PERSONAL LETTERS FROM WASHINGTON
If Taylor Swift were a verb, Republicans would be using it in every possible tense. If she were a perfume, it would be called “Obsession.” In the American right’s drift, the 34-year-old pop singer represents a singular kind of disturbance. Especially since she made the cover of the American weekly magazine Hour as the 2023 Person of the Year, confirming her unrivaled status. Her words are carefully studied, her company spied on, her outfits imitated. Swift is an artist whose voice carries far beyond her own repertoire.

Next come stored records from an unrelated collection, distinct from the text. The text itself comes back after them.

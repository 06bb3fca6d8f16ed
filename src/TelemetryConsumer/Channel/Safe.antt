-- ===== src/TelemetryConsumer/Channel/Safe.antt =====
-- The acknowledgements of the callback and of the loop together, and what the database has taken.
use mathlib.Core.List.{Memᴰ}
use notip_data_consumer.Prelude.{
  ℕ, ◌*◌, ◌≡◌, refl, subst, Bool, true, false, inl, inr, Option, none, some, List, [], ◌∷◌, ◌++◌,
  length, ltb, arith, Bool-cases, All, All-append,
}
use notip_data_consumer.Prelude.Members.{Memᴰ-front, Memᴰ-back, All-map_in}
use notip_data_consumer.TelemetryConsumer.{PendingMsg, Writer, ticks, flush_round}
use notip_data_consumer.TelemetryConsumer.Persisted.{
  IsPersisted, IsSafe, flush-IsSafe, arrival-IsSafe, known-IsSafe,
}
use notip_data_consumer.TelemetryConsumer.Channel.{
  ConsumerRun, start_run, ConsumerEvent, callback, sends, gives_up, takes, interval, ends, cancel,
  consumer_step, RunsTo, stays, then_step, call_back, send_pending, give_up_pending, take_pending,
  tick_flush, end_loop,
}
use notip_data_consumer.TelemetryConsumer.Channel.Accounts.{IsNoAck}
use notip_data_consumer.TelemetryConsumer.Channel.Kept.{run-IsKept}

-- The callback has been called for the message, and `processMessage` made of it what it is.
abbrev IsCalled : ConsumerRun → PendingMsg → Type 0
IsCalled r pm = Memᴰ pm r.received

-- What is in hand, in the channel or in the buffer has come through the callback, and what is
-- acknowledged has been stored.
record IsHonest (writer : Writer) (r : ConsumerRun) : Type 0 where
  in_channel : All (IsCalled r) r.pending
  in_callback : (pm : PendingMsg) → r.in_hand ≡ some pm → IsCalled r pm
  in_loop : IsSafe writer r.received r.flushing

module _ (batch_size : ℕ) (writer : Writer) where
  carried : {t u : ConsumerRun} → some u ≡ some t → IsHonest writer u → IsHonest writer t
  carried {t} {u} e h = let same : u ≡ t = ground arith in subst (IsHonest writer) same h

  module _ (r t : ConsumerRun) (h : IsHonest writer r) where
    call_back-IsHonest :
        (pm : PendingMsg) (o : Option PendingMsg) → call_back pm r o ≡ some t → IsHonest writer t
    unfolding call_back
    call_back-IsHonest pm (some _) e = cc
    call_back-IsHonest pm none e = carried e (record {
      in_channel =
          All-map_in (IsCalled r) (λ p. Memᴰ p (r.received ++ pm ∷ [])) r.pending
            (λ p m. Memᴰ-front r.received (pm ∷ []) p m) h.in_channel;
      in_callback = λ p held. Memᴰ-back r.received (pm ∷ []) p (Memᴰ.head (ground (arith, held)));
      in_loop = known-IsSafe writer r.received (pm ∷ []) r.flushing h.in_loop;
    })

    send_pending-IsHonest :
        (o : Option PendingMsg)
        → r.in_hand ≡ o
        → send_pending batch_size r o ≡ some t
        → IsHonest writer t
    unfolding send_pending
    send_pending-IsHonest none held e = cc
    send_pending-IsHonest (some pm) held e =
        elim (Bool-cases (ltb (length r.pending) (batch_size * 2))) [
          | inl room ↦
              carried {t = t} {u = record r { pending = r.pending ++ pm ∷ []; in_hand = none }}
                (ground arith)
                (record {
                  in_channel =
                      All-append (IsCalled r) r.pending (pm ∷ []) h.in_channel
                        (h.in_callback pm held, tt);
                  in_callback = λ p there. cc;
                  in_loop = h.in_loop;
                })
          | inr full ↦ ground arith
        ]

    give_up_pending-IsHonest :
        (late : Bool) (o : Option PendingMsg)
        → give_up_pending r late o ≡ some t
        → IsHonest writer t
    unfolding give_up_pending
    give_up_pending-IsHonest true (some pm) e =
        carried e
          (record { in_channel = h.in_channel; in_callback = λ p there. cc; in_loop = h.in_loop })
    give_up_pending-IsHonest true none e = cc
    give_up_pending-IsHonest false none e = cc
    give_up_pending-IsHonest false (some _) e = cc

    take_pending-IsHonest :
        (ended : Bool) (queue : List PendingMsg)
        → r.pending ≡ queue
        → take_pending batch_size writer r ended queue ≡ some t
        → IsHonest writer t
    unfolding take_pending
    take_pending-IsHonest false (pm ∷ rest) q e =
        let called : All (IsCalled r) (pm ∷ rest) = subst (All (IsCalled r)) q h.in_channel in
        carried e (record {
          in_channel = called.1;
          in_callback = h.in_callback;
          in_loop = arrival-IsSafe writer r.received batch_size pm r.flushing called.0 h.in_loop;
        })
    take_pending-IsHonest true queue q e = cc
    take_pending-IsHonest false [] q e = cc

    flushed :
        (ended : Bool)
        → IsHonest writer (record r {
          flushing = (flush_round batch_size writer ticks r.flushing).0;
          loop_ended = ended;
        })
    unfolding flush_round
    flushed ended = record {
      in_channel = h.in_channel;
      in_callback = h.in_callback;
      in_loop =
          flush-IsSafe writer r.received r.flushing.buf r.flushing h.in_loop.buffered_known
            h.in_loop;
    }

    tick_flush-IsHonest :
        (ended : Bool)
        → r.loop_ended ≡ ended
        → tick_flush batch_size writer r ended ≡ some t
        → IsHonest writer t
    unfolding tick_flush
    tick_flush-IsHonest false l e = carried e (flushed r.loop_ended)
    tick_flush-IsHonest true l e = cc

    end_loop-IsHonest :
        (ended late : Bool) → end_loop batch_size writer r ended late ≡ some t → IsHonest writer t
    unfolding end_loop flush_round
    end_loop-IsHonest false true e = carried e (flushed true)
    end_loop-IsHonest true late e = cc
    end_loop-IsHonest false false e = cc

    step-IsHonest :
        (event : ConsumerEvent)
        → consumer_step batch_size writer event r ≡ some t
        → IsHonest writer t
    unfolding consumer_step
    step-IsHonest (callback pm) e = call_back-IsHonest pm r.in_hand e
    step-IsHonest sends e = send_pending-IsHonest r.in_hand refl e
    step-IsHonest gives_up e = give_up_pending-IsHonest r.cancelled r.in_hand e
    step-IsHonest takes e = take_pending-IsHonest r.loop_ended r.pending refl e
    step-IsHonest interval e = tick_flush-IsHonest r.loop_ended refl e
    step-IsHonest ends e = end_loop-IsHonest r.loop_ended r.cancelled e
    step-IsHonest cancel e =
        carried e
          (record { in_channel = h.in_channel; in_callback = h.in_callback; in_loop = h.in_loop })

  run-IsHonest : {r : ConsumerRun} → RunsTo batch_size writer start_run r → IsHonest writer r
  run-IsHonest stays = record {
    in_channel = tt;
    in_callback = λ pm held. cc;
    in_loop = record { buffered_known = tt; verdicts = tt };
  }
  run-IsHonest (then_step event run e) = step-IsHonest _ _ (run-IsHonest run) event e

-- What the acknowledgements of a run rest on.
pub record IsSafeRun (writer : Writer) (r : ConsumerRun) : Type 0 where
  pub acked : All (IsPersisted writer r.received r.flushing.handed) r.flushing.acks
  pub given_up : All IsNoAck r.given_up

-- However the callback, the loop, the ticker and the end of the context follow one another, and
-- whatever the database does: a message is acknowledged only if the callback has been called for it,
-- `processMessage` made a row of it, and one of the batches that were handed to the database in this
-- run holds that row and was taken without an error; `enqueuePending` acknowledges none.
pub run-IsSafeRun :
    (batch_size : ℕ) (writer : Writer) {r : ConsumerRun}
    → RunsTo batch_size writer start_run r
    → IsSafeRun writer r
run-IsSafeRun batch_size writer run = record {
  acked = (run-IsHonest batch_size writer run).in_loop.verdicts;
  given_up = (run-IsKept batch_size writer run).never_acked;
}
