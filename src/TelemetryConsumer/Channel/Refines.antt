-- ===== src/TelemetryConsumer/Channel/Refines.antt =====
-- The loop beside the callback, and `flushLoop` by itself.
use notip_data_consumer.Prelude.{
  ℕ, ◌≡◌, refl, sym, ap, subst, ◌∙◌, Bool, true, false, Option, none, some, List, [], ◌∷◌, ◌++◌,
  length, ◌*◌, arith, ltb, Bool-cases, inl, inr, Interleaved,
}
use notip_data_consumer.TelemetryConsumer.{
  PendingMsg, Writer, FlushState, FlushEvent, arrives, ctx_done, ticks, flush_round, flush_loop,
  start_flushing,
}
use notip_data_consumer.TelemetryConsumer.Flush.{
  handled, received_msgs, is_ended, flush_loop-Conserved,
}
use notip_data_consumer.TelemetryConsumer.Channel.{
  ConsumerRun, start_run, ConsumerEvent, callback, sends, gives_up, takes, interval, ends, cancel,
  consumer_step, RunsTo, stays, then_step, call_back, send_pending, give_up_pending, take_pending,
  tick_flush, end_loop,
}
use notip_data_consumer.TelemetryConsumer.Channel.Accounts.{msgs, held, refused}
use notip_data_consumer.TelemetryConsumer.Channel.Kept.{run-IsKept}

-- One more event at the end of a run of the loop that has not ended.
flush_loop-snoc :
    (batch_size : ℕ) (writer : Writer) (events : List FlushEvent) (event : FlushEvent)
    (s : FlushState)
    → is_ended events ≡ false
    → flush_loop batch_size writer (events ++ event ∷ []) s
      ≡ (flush_round batch_size writer event (flush_loop batch_size writer events s)).0
unfolding flush_loop flush_round
flush_loop-snoc batch_size writer [] (arrives pm) s h = refl
flush_loop-snoc batch_size writer [] ctx_done s h = refl
flush_loop-snoc batch_size writer [] ticks s h = refl
flush_loop-snoc batch_size writer (arrives pm ∷ events) event s h =
    flush_loop-snoc batch_size writer events event _ h
flush_loop-snoc batch_size writer (ctx_done ∷ events) event s h = cc
flush_loop-snoc batch_size writer (ticks ∷ events) event s h =
    flush_loop-snoc batch_size writer events event _ h

is_ended-snoc :
    (events : List FlushEvent) (event : FlushEvent)
    → is_ended events ≡ false
    → is_ended (events ++ event ∷ []) ≡ is_ended (event ∷ [])
is_ended-snoc [] event h = refl
is_ended-snoc (arrives pm ∷ events) event h = is_ended-snoc events event h
is_ended-snoc (ctx_done ∷ events) event h = cc
is_ended-snoc (ticks ∷ events) event h = is_ended-snoc events event h

-- The loop's state is that of `flushLoop` on some events.
pub record IsLooped (batch_size : ℕ) (writer : Writer) (s : FlushState) (ended : Bool)
    : Type 0 where
  pub events : List FlushEvent
  pub same : s ≡ flush_loop batch_size writer events start_flushing
  pub over : ended ≡ is_ended events

module _ (batch_size : ℕ) (writer : Writer) where
  next-IsLooped :
      (event : FlushEvent) (s : FlushState)
      → IsLooped batch_size writer s false
      → IsLooped batch_size writer (flush_round batch_size writer event s).0 (is_ended (event ∷ []))
  next-IsLooped event s h = record {
    events = h.events ++ event ∷ [];
    same =
        ap (λ x. (flush_round batch_size writer event x).0) h.same
        ∙ sym (flush_loop-snoc batch_size writer h.events event start_flushing (sym h.over));
    over = sym (is_ended-snoc h.events event (sym h.over));
  }

  abbrev Loops : ConsumerRun → Type 0
  Loops r = IsLooped batch_size writer r.flushing r.loop_ended

  carried : {t u : ConsumerRun} → some u ≡ some t → Loops u → Loops t
  carried {t} {u} e h = let same : u ≡ t = ground arith in subst Loops same h

  next-Loops :
      (event : FlushEvent) (r : ConsumerRun)
      → r.loop_ended ≡ false
      → Loops r
      → IsLooped batch_size writer
          (flush_round batch_size writer event r.flushing).0
          (is_ended (event ∷ []))
  next-Loops event r going h =
      next-IsLooped event r.flushing (subst (IsLooped batch_size writer r.flushing) going h)

  module _ (r t : ConsumerRun) (h : Loops r) where
    call_back-Loops :
        (pm : PendingMsg) (o : Option PendingMsg) → call_back pm r o ≡ some t → Loops t
    unfolding call_back
    call_back-Loops pm none e = carried e h
    call_back-Loops pm (some _) e = cc

    send_pending-Loops : (o : Option PendingMsg) → send_pending batch_size r o ≡ some t → Loops t
    unfolding send_pending
    send_pending-Loops none e = cc
    send_pending-Loops (some pm) e = elim (Bool-cases (ltb (length r.pending) (batch_size * 2))) [
      | inl room ↦
          carried {t = t} {u = record r { pending = r.pending ++ pm ∷ []; in_hand = none }}
            (ground arith) h
      | inr full ↦ ground arith
    ]

    give_up_pending-Loops :
        (late : Bool) (o : Option PendingMsg) → give_up_pending r late o ≡ some t → Loops t
    unfolding give_up_pending
    give_up_pending-Loops true (some pm) e = carried e h
    give_up_pending-Loops true none e = cc
    give_up_pending-Loops false none e = cc
    give_up_pending-Loops false (some _) e = cc

    take_pending-Loops :
        (ended : Bool) (queue : List PendingMsg)
        → r.loop_ended ≡ ended
        → take_pending batch_size writer r ended queue ≡ some t
        → Loops t
    unfolding take_pending
    take_pending-Loops false (pm ∷ rest) l e =
        carried e (subst (IsLooped batch_size writer _) (sym l) (next-Loops (arrives pm) r l h))
    take_pending-Loops true queue l e = cc
    take_pending-Loops false [] l e = cc

    tick_flush-Loops :
        (ended : Bool)
        → r.loop_ended ≡ ended
        → tick_flush batch_size writer r ended ≡ some t
        → Loops t
    unfolding tick_flush
    tick_flush-Loops false l e =
        carried e (subst (IsLooped batch_size writer _) (sym l) (next-Loops ticks r l h))
    tick_flush-Loops true l e = cc

    end_loop-Loops :
        (ended late : Bool)
        → r.loop_ended ≡ ended
        → end_loop batch_size writer r ended late ≡ some t
        → Loops t
    unfolding end_loop
    end_loop-Loops false true l e = carried e (next-Loops ctx_done r l h)
    end_loop-Loops true late l e = cc
    end_loop-Loops false false l e = cc

    step-Loops :
        (event : ConsumerEvent) → consumer_step batch_size writer event r ≡ some t → Loops t
    unfolding consumer_step
    step-Loops (callback pm) e = call_back-Loops pm r.in_hand e
    step-Loops sends e = send_pending-Loops r.in_hand e
    step-Loops gives_up e = give_up_pending-Loops r.cancelled r.in_hand e
    step-Loops takes e = take_pending-Loops r.loop_ended r.pending refl e
    step-Loops interval e = tick_flush-Loops r.loop_ended refl e
    step-Loops ends e = end_loop-Loops r.loop_ended r.cancelled refl e
    step-Loops cancel e = carried e h

  run-Loops : {r : ConsumerRun} → RunsTo batch_size writer start_run r → Loops r
  run-Loops stays = record { events = []; same = unfold flush_loop in refl; over = refl }
  run-Loops (then_step event run e) = step-Loops _ _ (run-Loops run) event e

-- A state of the consumer, seen as a run of `flushLoop` by itself.
pub record IsFlushLoop (batch_size : ℕ) (writer : Writer) (r : ConsumerRun) : Type 0 where
  -- what the loop has received, and what has been through the callback, oldest first
  pub events : List FlushEvent
  pub through : List ℕ
  pub same : r.flushing ≡ flush_loop batch_size writer events start_flushing
  pub over : r.loop_ended ≡ is_ended events
  pub arrived : Interleaved (received_msgs events ++ msgs r.pending) (refused r) through
  pub received : msgs r.received ≡ through ++ held r.in_hand

-- However the callback, the loop, the ticker and the end of the context follow one another, the loop
-- has done what `flushLoop` does by itself on some list of events, which has the end of the context in
-- it exactly if the loop has returned; the messages that arrive in those events, followed by those in
-- the channel, are, in order, those that have been through the callback and were not given up.
pub run-IsFlushLoop :
    (batch_size : ℕ) (writer : Writer) {r : ConsumerRun}
    → RunsTo batch_size writer start_run r
    → IsFlushLoop batch_size writer r
run-IsFlushLoop batch_size writer {r} run =
    let h = run-IsKept batch_size writer run in
    let l = run-Loops batch_size writer run in
    let settled =
      ap handled l.same
      ∙ (flush_loop-Conserved batch_size writer l.events start_flushing).all_once in
    record {
      events = l.events;
      through = h.through;
      same = l.same;
      over = l.over;
      arrived =
          subst (λ xs. Interleaved (xs ++ msgs r.pending) (refused r) h.through) settled h.kept;
      received = h.received;
    }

She long stayed away from the political stage to avoid alienating any segment of her audience. But in 2018, she began to speak out in defense of sexual and racial minorities in her home state of Tennessee. In 2020, Swift expressed her support for the Biden-Harris ticket. “Under their leadership, I believe America has a chance to start the healing process it so desperately needs,” she explained. In late June 2022, the singer reacted strongly to the Supreme Court’s elimination of abortion as a constitutional right. “I’m absolutely terrified that this is where we are,” she wrote on https://twitter.com/taylorswift13/status/1540382753677627393?lang=fr two here 94.9 million followers. But apart from this periodic political advocacy, Swift has built her career on not offending any group.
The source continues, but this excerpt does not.